Whether this information will help with a VBA solution depends on whether you
can use Goal Seek with VBA arrays rather than worksheet ranges. AFAIK, you
can't.
I also tried putting the amounts and dates of the original purchase and coupon
payments in adjacent columns, then used the XIRR function. That gave me 17.26%
(vs 16.03% with Garlock's method).
Maybe one of the financial gurus can explain the reason for the difference.
BTW, I have MS's document providing not the actual code (which would probably
be written in C, not VBA), but the formulas which are solved. For the rate
functions, they show a formula involving rate, number of periods, payment, PV,
FV and 'type' which, if the values for all arguments are correct, will
evaluate to 0.
If one of these variables is unknown and the others known, this formula can be
used with iteration to solve for the unknown parameter: they start with a
guess for that value, and keep changing it until the result of the formula is
0.
The trick to this to minimize the iterations by the method you use to change
the value for the guessed parameter for the next iteration. Usually that's a
Newton-Raphson method, which in turn requires knowing the derivative of the
function.
If you are interested in this documentation, I can email it to you. AIR, you
can't find it on the MS web site any more.
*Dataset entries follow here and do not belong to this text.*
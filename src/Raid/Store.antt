-- ===== src/Raid/Store.antt =====
-- our-course/labs/lab06-io-storage/solutions/raidsim.c: an array without failures is a store of
-- logical blocks.
use Prim.Native.Nat.{min}
use ia_operating_systems.Base.{
  ℕ, ◌+◌, ◌-◌, ◌/◌, ◌<◌, ◌≡◌, ◌≢◌, Bool, true, ◌==◌, ◌&&◌, if◌then◌else◌, arith, ap, ◌∙◌, sym, refl,
  ℕ_discrete, subst,
}
use ia_operating_systems.Raid.State.{Array, auto, filled, cell}
use ia_operating_systems.Raid.Geometry.{
  data_disks, parity_disk_of, has_parity, map_data, capacity_blocks, Place,
}
use ia_operating_systems.Raid.Access.{use_subtractive, logical_write}
use ia_operating_systems.Raid.Placement.{IsArray, map_data-disk, map_data_injective, data_disks_pos}
use ia_operating_systems.Raid.Columns.{HasParity, data_disks-eq}
use ia_operating_systems.Raid.Reads.{content, AllLive}
use ia_operating_systems.Raid.Writes.{
  after_write, logical_write_form, after_write-cell, after_write-HasParity, map_data-after_write,
}

-- The data cell of a block is not on the parity disk of another block's stripe in the same row.
cell-ne-parity :
    {a : Array} (i j : ℕ)
    → IsArray a
    → has_parity a ≡ true
    → (map_data a j).row ≡ (map_data a i).row
    → (map_data a j).disk ≢ parity_disk_of a (map_data a i).stripe
cell-ne-parity {a} i j v h same e = (map_data-disk j v).2 h (
    e
    ∙ ap (parity_disk_of a)
        ((map_data-disk i v).0 ∙ ap (λ r. r / a.chunk) (sym same) ∙ sym (map_data-disk j v).0))

same_cell :
    {a : Array} (i j : ℕ)
    → IsArray a
    → ((map_data a i).disk == (map_data a j).disk && (map_data a i).row == (map_data a j).row)
      ≡ (i == j)
same_cell {a} i j v = elim (ℕ_discrete i j) [
  | yes e ↦ rw e (ground arith)
  | no ne ↦ ground (arith, map_data_injective a i j v)
]

-- A write to an array of level 4 or 5 without failures succeeds, in the additive and in the
-- subtractive form alike: the written block has the new byte everywhere, every other block is what
-- it was, and each row still adds up to zero.
pub logical_write_lem :
    {a : Array} (lba val : ℕ)
    → HasParity a
    → AllLive a
    → lba < capacity_blocks a
    → let (done, a') = logical_write a lba val in
      (done ≡ true)
      × HasParity a'
      × ((i : ℕ) → content a' i ≡ (if lba == i then filled val else content a i))
logical_write_lem {a} lba val v live lt =
    subst
      (λ (r : Bool × Array).
        (r.0 ≡ true)
        × HasParity r.1
        × ((i : ℕ) → content r.1 i ≡ (if lba == i then filled val else content a i)))
      (sym (logical_write_form lba val v live lt))
      (
        refl,
        after_write-HasParity d row s (filled val) reads v (map_data-disk lba v.array).1
            ((map_data-disk lba v.array).2 v.level),
        stored,
      )
  where
    open (map_data a lba) use {disk as d, row, stripe as s}

    reads : ℕ
    reads = if use_subtractive a then 2 else data_disks a - 1

    stored :
        (i : ℕ)
        → content (after_write a d (parity_disk_of a s) row (filled val) reads) i
          ≡ (if lba == i then filled val else content a i)
    stored i =
        ap
          (λ (p : Place).
            cell (after_write a d (parity_disk_of a s) row (filled val) reads) p.disk p.row)
          (map_data-after_write a d (parity_disk_of a s) row (filled val) reads i)
        ∙ after_write-cell a d (parity_disk_of a s) row (filled val) reads (map_data a i).disk
            (map_data a i).row (cell-ne-parity lba i v.array v.level)
        ∙ ap (λ (b : Bool). if b then filled val else content a i) (same_cell lba i v.array)

-- With the mode `auto` such a write transfers as many blocks as the array has disks, or four where
-- that is fewer; two of the transfers are writes.
pub auto_write_cost :
    {a : Array} (lba val : ℕ)
    → HasParity a
    → AllLive a
    → lba < capacity_blocks a
    → a.parity_mode ≡ auto
    → let a' = (logical_write a lba val).1 in
      (a'.phys_reads + a'.phys_writes ≡ a.phys_reads + a.phys_writes + min 4 a.ndisks)
      × (a'.phys_writes ≡ a.phys_writes + 2)
unfolding use_subtractive
auto_write_cost {a} lba val v live lt mode =
    rw (logical_write_form lba val v live lt)
      (ground (arith, data_disks-eq v.array v.level, data_disks_pos v.array), refl)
On Fri, 24 Dec 2004 10:10:23 -0600, "mike allen" <mikea...@charter.net>
The code is based on the formulas that Excel's Help shows for the YIELD and
PRICE functions. I don't know what the derivative of the PRICE function is, so
I used the same logic as in a binary search to select the yield value for the
next iteration. (Maybe Harlan can improve on this!)
For coupon frequencies of 1, 2, or 4, the result is typically identical to
Excel's for 7 decimal places (i.e. 0.#######).
12 coupons don't increase the yield much compared to 4. The difference is
typically less than 0.00001.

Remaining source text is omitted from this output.